Despite all the jokes that the Berlin artists allowed themselves in their works, they shared with many people of their generation the basic perception of an existential crisis of humanism in the second half of the 20th century. Their biographies, artistic creations and subjects are still tangibly marked by the experiences of war and the crimes of National Socialism that destroyed people and culture.
The artistic spectrum of the group is broad and multi-layered. The dominant and pointed black and white of numerous prints and ink works by artists such as Fuchs, Gustas, Meckel, or Zeidler contrasts with the luminous colorfulness of watercolors and oil paintings by Kurt Mühlenhaupt, Robert Wolfgang Schnell, or Artur Märchen, and the fantastically differentiated colored pencil drawings by Friedrich Schröder-Sonnenstern. No less diverse are the literary preferences and text types of the authors: Novels, novellas, short stories and children’s stories, spontaneous poetry and complex experimental poetry.
Artistic independence and complexity
With her commitment to the interdisciplinary and multi-layered group, Aldona Gustas, a poet from West Berlin with Lithuanian roots, made a nuisance of herself in the established literary and art establishment of the time. And some of the painter-poets’ colleagues also took risks for their artistic expression, which were punished with devaluation or disregard by the professional world and the public. In a time of predominance of abstract art, the figurative work of some painter-poets was considered unfashionable. At the same time, one of their most outstanding artistic personalities, Friedrich Schröder-Sonnenstern, was denigrated by narrow-minded ignoramuses as an “ass painter with sunstroke” at a time when he was considered abroad as one of the greatest artists of the German postwar era.
Again and again his pictures were called pornographic. During the “big ruckus” of an exhibition in the Kreuzberg town hall in 1960, his pictures were censored and taken down. His fellow artists Fuchs, Schnell, Mühlenhaupt and others, who were already on friendly terms at the time, also withdrew their pictures from the town hall in protest.
Despite their pronounced individuality and independence, some of the protagonists of the Berlin Painter-Poets, such as Schnell, Fuchs, Märchen, and Mühlenhaupt, also developed and related to each other artistically in their works from the 1970s onward under the influence of the group. This is another reason why the Berlin Painter Poets as a grouping are significant for the development of art and culture in post-war West Berlin and must not be forgotten, emphasizes Jochen Fey, curator of the current exhibition.

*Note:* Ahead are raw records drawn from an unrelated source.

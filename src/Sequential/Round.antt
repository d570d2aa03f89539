-- ===== src/Sequential/Round.antt =====
-- The executor at a script, one event at a time.
use durabletask_rs.Prelude.{
  ℕ, suc, ◌<◌, ◌≡◌, refl, ap, String, true, false, Option, none, some, List, [], ◌∷◌, ◌++◌, arith,
  length, get_or-append_last, set-append_last, nat_beq,
}
use durabletask_rs.Prelude.Int.{ℤ, pos, i32_max, int_eq}
use durabletask_rs.Prelude.HashMap.{lookup, insert, lookup_only, remove_only}
use durabletask_rs.Prelude.Outcome.{Outcome, returns, panics, ◌>>=◌}
use durabletask_rs.Oneshot.{value}
use durabletask_rs.Proto.{Timestamp, OrchestratorAction}
use durabletask_rs.Types.Context.{Host, Events}
use durabletask_rs.Types.Async.{without, Async, await_task, poll_async}
use durabletask_rs.Types.Function.{OrchestratorResult}
use durabletask_rs.Registry.{Registry}
use durabletask_rs.Executor.Context.{OrchestrationExecutorContext, drain, acknowledge}
use durabletask_rs.Executor.Poll.{poll_unwrap, completion_action}
use durabletask_rs.Executor.Event.{complete_task}
use durabletask_rs.Executor.Execute.{round}
use durabletask_rs.Sequential.{
  Request, activity, sub_orchestrator, timer, Script, finish, ask, fault, code_of, request_action,
  reply, asked_event, replied_event,
}
use durabletask_rs.Sequential.Poll.{
  task_on, fresh, poll_task_sent, i32_succ_below, idle, idle_world, poll_ask,
}

pub without_only : (i : ℕ) → without i (i ∷ []) ≡ []
without_only i = let self : nat_beq i i ≡ true = ground arith in rw self

module _ {Chan : Type 0} (host : Host Chan) (id : String) (input : Option String)
    (time : Timestamp) where
  -- The executor's context around a script's code, with what it still waits for.
  abbrev pub context :
      ℕ
      → Option (Async (OrchestratorResult String))
      → List ℕ
      → List (ℤ × OrchestratorAction)
      → List (ℤ × ℕ)
      → List Chan
      → OrchestrationExecutorContext Chan
  context n code held actions tasks channels = record {
    is_replaying = false;
    is_complete = false;
    sequence_number = pos n;
    current_time_utc = time;
    pending_actions = actions;
    pending_tasks = tasks;
    received_events = [];
    pending_events = [];
    orchestrator_fn = some (record { code = code; octx = idle host id input [] n held });
    completion_status = none;
    channels = channels;
  }

  -- The request numbered `suc m` was sent, and the code awaits its task.
  abbrev pub waiting :
      ℕ
      → Request
      → (String → Async (OrchestratorResult String))
      → List Chan
      → OrchestrationExecutorContext Chan
  waiting m q k channels =
      context (suc m) (some (await_task (task_on (length channels)) k)) (length channels ∷ [])
        ((pos (suc m), request_action host.clock q (pos (suc m))) ∷ [])
        ((pos (suc m), length channels) ∷ []) (channels ++ fresh host ∷ [])

  -- A script whose action numbered `suc m` is due, or the script's panic.
  abbrev pub current : ℕ → Script → List Chan → Outcome (OrchestrationExecutorContext Chan)
  current m (ask q k) channels = returns (waiting m q (λ r. code_of (k r)) channels)
  current m (fault p) channels = panics p
  current m (finish result) channels =
      returns
        (record (context m none [] ((pos (suc m), completion_action (pos (suc m)) result) ∷ []) []
          channels) { sequence_number = pos (suc m) })

  -- A poll at a script's code, and the drain behind it.
  pub poll_script :
      (s : Script) (m : ℕ) (channels : List Chan)
      → m < i32_max
      → (poll_unwrap host (context m (some (code_of s)) [] [] [] channels) >>= λ c.
          returns (drain host c))
        ≡ current m s channels
  unfolding poll_unwrap drain insert lookup poll_async
  poll_script (finish result) m channels h = rw (i32_succ_below m h)
  poll_script (fault p) m channels h = refl
  poll_script (ask q k) m channels h =
      rw (poll_ask host id input [] q (λ r. code_of (k r)) m [] channels h)

  -- A reply that was sent to the task that the code awaits: the code goes on.
  pub poll_reply :
      (received : Events) (k : String → Async (OrchestratorResult String)) (m : ℕ)
      (channels : List Chan) (c : Chan) (r : String)
      → (host.oneshot.poll_recv c).0 ≡ value (some r)
      → poll_async host
          (await_task (task_on (length channels)) k)
          (idle_world host id input received m (length channels ∷ []) (channels ++ c ∷ []))
        ≡ poll_async host
            (k r)
            (idle_world host id input received m [] (channels ++ (host.oneshot.poll_recv c).1 ∷ []))
  unfolding poll_async
  poll_reply received k m channels c r v =
      rw
        (
          poll_task_sent host (channels ++ c ∷ []) (length channels) c r
              (get_or-append_last channels c (fresh host)) v,
          set-append_last channels c (host.oneshot.poll_recv c).1,
        )
        (ap
          (λ (held : List ℕ). poll_async host (k r) (
            idle_world host id input received m held
              (channels ++ (host.oneshot.poll_recv c).1 ∷ [])))
          (without_only (length channels)))

  -- The waiting context once the request was acknowledged.
  abbrev pub acknowledged :
      ℕ
      → Request
      → (String → Async (OrchestratorResult String))
      → List Chan
      → OrchestrationExecutorContext Chan
  acknowledged m q k channels = record (waiting m q k channels) { pending_actions = [] }

  abbrev drained :
      Outcome (OrchestrationExecutorContext Chan) → Outcome (OrchestrationExecutorContext Chan)
  drained o = o >>= λ c. returns (drain host c)

  -- A result that comes lets the code go on with it.
  pub resumed :
      (q : Request) (k : String → Async (OrchestratorResult String)) (m : ℕ) (channels : List Chan)
      (r : String)
      → (rest : List Chan) × ((complete_task host
              (pos (suc m))
              (some r)
              (acknowledged m q k channels)
            >>= poll_unwrap host)
          ≡ poll_unwrap host (context (suc m) (some (k r)) [] [] [] rest))
  unfolding complete_task poll_unwrap
  resumed q k m channels r =
      let (c, sent, got) = host.oneshot.send-channel (some r) in
      (
        channels ++ (host.oneshot.poll_recv c).1 ∷ [],
        rw (
          lookup_only (pos (suc m)),
          remove_only (pos (suc m)),
          get_or-append_last channels (fresh host) (fresh host),
          sent,
          set-append_last channels (fresh host) c,
          poll_reply [] k (suc m) channels c r got,
        ),
      )

  module _ {Act : Type 0} (registry : Registry Act) where
    -- The event that acknowledges the request takes its action away.
    pub round_asked :
        (now : Timestamp) (q : Request) (k : String → Async (OrchestratorResult String)) (m : ℕ)
        (channels : List Chan)
        → round host registry id
            (asked_event host.clock now q (pos (suc m)))
            (waiting m q k channels)
          ≡ returns (acknowledged m q k channels)
    unfolding round acknowledge asked_event
    round_asked now (activity name text) k m channels = rw (remove_only (pos (suc m)))
    round_asked now (sub_orchestrator name inst text) k m channels = rw (remove_only (pos (suc m)))
    round_asked now (timer millis) k m channels = rw (remove_only (pos (suc m)))

    -- The event that replies lets the code go on.
    pub round_replied :
        (now : Timestamp) (q : Request) (k : String → Async (OrchestratorResult String)) (m : ℕ)
        (channels : List Chan) (r : String)
        → (rest : List Chan) × (round host registry id
              (replied_event host.clock now q (pos (suc m)) r)
              (acknowledged m q k channels)
            ≡ (poll_unwrap host (context (suc m) (some (k (reply q r))) [] [] [] rest) >>= λ c.
                returns (drain host c)))
    unfolding round replied_event
    round_replied now (activity name text) k m channels r =
        let (rest, e) = resumed (activity name text) k m channels r in (rest, ap drained e)
    round_replied now (sub_orchestrator name inst text) k m channels r =
        let (rest, e) = resumed (sub_orchestrator name inst text) k m channels r in
        (rest, ap drained e)
    round_replied now (timer millis) k m channels r =
        let (rest, e) = resumed (timer millis) k m channels "" in (rest, ap drained e)
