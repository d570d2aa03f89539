-- ===== src/Executor/Marked.antt =====
-- What no event but OrchestratorStarted reads or changes: that the executor replays, and its time.
use durabletask_rs.Prelude.{
  ℕ, ◌≡◌, refl, ap, String, Bool, Option, none, some, List, [], ◌∷◌, arith,
}
use durabletask_rs.Prelude.Int.{ℤ}
use durabletask_rs.Prelude.Outcome.{Outcome, returns, panics, ◌>>=◌}
use durabletask_rs.Proto.{
  Timestamp, HistoryEvent, OrchestratorAction, EventType, execution_started, execution_completed,
  execution_terminated, task_completed, task_failed, sub_orchestration_instance_completed,
  sub_orchestration_instance_failed, timer_fired, orchestrator_started, event_raised,
}
use durabletask_rs.Types.Context.{Host}
use durabletask_rs.Types.Function.{OrchestratorFunction}
use durabletask_rs.Registry.{Registry, get_orchestrator}
use durabletask_rs.Executor.Context.{
  OrchestrationExecutorContext, Orchestrator, drain, drain_from, drain_actions, drain_tasks,
  drain_events,
}
use durabletask_rs.Executor.Poll.{poll_unpin, poll_unwrap}
use durabletask_rs.Executor.Event.{
  process_event, process_type, complete_task, raise_event, start_with, poll_ignored, error_message,
  fired_result,
}
use durabletask_rs.Executor.Execute.{round, process_events}

-- The types of events that leave the executor's time.
abbrev pub IsTimeless : EventType → Type 0
IsTimeless orchestrator_started = ⊥
IsTimeless _ = Unit {0}

module _ {Chan : Type 0} (m : Bool → Bool) (t : Timestamp → Timestamp) where
  -- The context with other values of `is_replaying` and `current_time_utc`.
  abbrev pub marked : OrchestrationExecutorContext Chan → OrchestrationExecutorContext Chan
  marked ctx = record ctx {
    is_replaying = m ctx.is_replaying;
    current_time_utc = t ctx.current_time_utc;
  }

  -- `f` neither reads nor changes what is marked.
  abbrev pub Ignores :
      (OrchestrationExecutorContext Chan → Outcome (OrchestrationExecutorContext Chan)) → Type 0
  Ignores f =
      (ctx : OrchestrationExecutorContext Chan)
      → f (marked ctx) ≡ (f ctx >>= λ c. returns (marked c))

  Ignores-bind :
      (f g : OrchestrationExecutorContext Chan → Outcome (OrchestrationExecutorContext Chan))
      → Ignores f
      → Ignores g
      → Ignores (λ ctx. f ctx >>= g)
  Ignores-bind f g hf hg ctx = rw (hf ctx) (go (f ctx))
    where
      go :
          (o : Outcome (OrchestrationExecutorContext Chan))
          → (o >>= (λ c. returns (marked c)) >>= g) ≡ (o >>= g >>= λ c. returns (marked c))
      go (panics p) = refl
      go (returns c) = hg c

  drain_actions-marked :
      (xs : List (ℤ × OrchestratorAction)) (ctx : OrchestrationExecutorContext Chan)
      → drain_actions xs (marked ctx) ≡ marked (drain_actions xs ctx)
  unfolding drain_actions
  drain_actions-marked [] ctx = refl
  drain_actions-marked ((n, a) ∷ xs) ctx = drain_actions-marked xs _

  drain_events-marked :
      (xs : List (String × ℕ)) (ctx : OrchestrationExecutorContext Chan)
      → drain_events xs (marked ctx) ≡ marked (drain_events xs ctx)
  unfolding drain_events
  drain_events-marked [] ctx = refl
  drain_events-marked ((n, a) ∷ xs) ctx = drain_events-marked xs _

  module _ (host : Host Chan) where
    drain_tasks-marked :
        (xs : List (ℤ × ℕ)) (ctx : OrchestrationExecutorContext Chan)
        → drain_tasks host xs (marked ctx) ≡ marked (drain_tasks host xs ctx)
    unfolding drain_tasks
    drain_tasks-marked [] ctx = refl
    drain_tasks-marked ((n, a) ∷ xs) ctx = drain_tasks-marked xs _

    poll_unpin-marked :
        (ctx : OrchestrationExecutorContext Chan) (o : Orchestrator)
        → poll_unpin host (marked ctx) o
          ≡ (poll_unpin host ctx o >>= λ p. returns (p.0, marked p.1))
    unfolding poll_unpin
    poll_unpin-marked ctx o = ground arith

    poll_unwrap-Ignores : Ignores (poll_unwrap host)
    unfolding poll_unwrap
    poll_unwrap-Ignores ctx = ground arith

    complete_task-Ignores : (id : ℤ) (r : Option String) → Ignores (complete_task host id r)
    unfolding complete_task
    complete_task-Ignores id r ctx = ground arith

    raise_event-Ignores : (name : String) (r : Option String) → Ignores (raise_event host name r)
    unfolding raise_event
    raise_event-Ignores name r ctx = ground arith

    drain_from-marked :
        (o : Option Orchestrator) (ctx : OrchestrationExecutorContext Chan)
        → drain_from host o (marked ctx) ≡ marked (drain_from host o ctx)
    drain_from-marked none ctx = refl
    drain_from-marked (some o) ctx = rw (
      drain_actions-marked o.octx.actions_tx ctx,
      drain_tasks-marked o.octx.tasks_tx (drain_actions o.octx.actions_tx ctx),
      drain_events-marked o.octx.events_tx
          (drain_tasks host o.octx.tasks_tx (drain_actions o.octx.actions_tx ctx)),
    )

    pub drain-marked :
        (ctx : OrchestrationExecutorContext Chan)
        → drain host (marked ctx) ≡ marked (drain host ctx)
    unfolding drain
    drain-marked ctx = drain_from-marked ctx.orchestrator_fn ctx

    start_with-Ignores :
        (id : String) (input : Option String) (f : Option OrchestratorFunction)
        → Ignores (λ ctx. start_with host id input ctx f)
    start_with-Ignores id input none ctx = refl
    start_with-Ignores id input (some f) ctx = ground arith

    poll_ignored-marked :
        (ctx : OrchestrationExecutorContext Chan) (o : Option Orchestrator)
        → poll_ignored host (marked ctx) o ≡ (poll_ignored host ctx o >>= λ c. returns (marked c))
    unfolding poll_unpin
    poll_ignored-marked ctx none = refl
    poll_ignored-marked ctx (some o) = ground arith

    poll_ignored-Ignores : Ignores (λ ctx. poll_ignored host ctx ctx.orchestrator_fn)
    poll_ignored-Ignores ctx = poll_ignored-marked ctx ctx.orchestrator_fn

    completed-Ignores :
        (id : ℤ) (r : Option String)
        → Ignores (λ ctx. complete_task host id r ctx >>= poll_unwrap host)
    completed-Ignores id r =
        Ignores-bind (complete_task host id r) (poll_unwrap host) (complete_task-Ignores id r)
          poll_unwrap-Ignores

  module _ {Act : Type 0} (host : Host Chan) (registry : Registry Act) (id : String) where
    pub process_type-Ignores :
        (event : HistoryEvent) (u : EventType)
        → IsTimeless u
        → Ignores (process_type host registry id event u)
    unfolding process_type
    process_type-Ignores event (execution_started e) h ctx =
        start_with-Ignores host id e.input (get_orchestrator registry e.name) ctx
    process_type-Ignores event (execution_completed e) h ctx = poll_ignored-Ignores host ctx
    process_type-Ignores event (task_completed e) h ctx =
        completed-Ignores host e.task_scheduled_id e.result ctx
    process_type-Ignores event (task_failed e) h ctx =
        complete_task-Ignores host e.task_scheduled_id (error_message e.failure_details) ctx
    process_type-Ignores event (sub_orchestration_instance_completed e) h ctx =
        completed-Ignores host e.task_scheduled_id e.result ctx
    process_type-Ignores event (sub_orchestration_instance_failed e) h ctx =
        completed-Ignores host e.task_scheduled_id (error_message e.failure_details) ctx
    process_type-Ignores event (timer_fired e) h ctx =
        completed-Ignores host e.timer_id (fired_result e.fire_at) ctx
    process_type-Ignores event (event_raised e) h ctx = raise_event-Ignores host e.name e.input ctx
    process_type-Ignores event orchestrator_started h ctx = absurd h
    process_type-Ignores event (execution_terminated e) h ctx = ground arith
    process_type-Ignores event _ h ctx = refl

    -- A list of events that ignore it does.
    abbrev pub AllIgnore : List HistoryEvent → Type 0
    AllIgnore [] = Unit {0}
    AllIgnore (e ∷ es) = Ignores (process_event host registry id e) × AllIgnore es

    round-Ignores :
        (event : HistoryEvent)
        → Ignores (process_event host registry id event)
        → Ignores (round host registry id event)
    unfolding round
    round-Ignores event h =
        Ignores-bind (process_event host registry id event) (λ ctx. returns (drain host ctx)) h
          (λ ctx. ap returns (drain-marked host ctx))

    pub process_events-Ignores :
        (events : List HistoryEvent)
        → AllIgnore events
        → Ignores (process_events host registry id events)
    unfolding process_events
    process_events-Ignores [] h ctx = refl
    process_events-Ignores (e ∷ es) (h, hs) ctx =
        Ignores-bind (round host registry id e) (process_events host registry id es)
          (round-Ignores e h) (process_events-Ignores es hs) ctx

The exhibition curator Jochen Fey
Since the preparation for the 10th anniversary exhibition of the Berlin Painter Poets in 1982, Fey has accompanied and promoted the Berlin Painter Poets – as a collector, gallery owner, art dealer and curator. As early as the 1960s, he got to know some of them personally, most notably Friedrich Schröder-Sonnenstern. At that time, Jochen Fey was an employee of the gallery owner Springer, who was considered to be Schröder-Sonnenstern’s discoverer. Fey organized exhibitions and catalogs for the artist and wrote the first text on his working methods.
Thanks to long-standing contacts, the Browse Gallery has now succeeded in winning the art chef, connoisseur and friend of the Berlin painter-poets as curator for the anniversary exhibition. Fey also organized the exhibition venue on Fasanenstrasse. The auction house Nosbüsch & Stucke generously provides rooms for the exhibition – in the neighborhood of the Springer Gallery. This closes a circle and the Berlin painter-poets will hopefully receive the attention they deserve from the art world and the public at this illustrious location.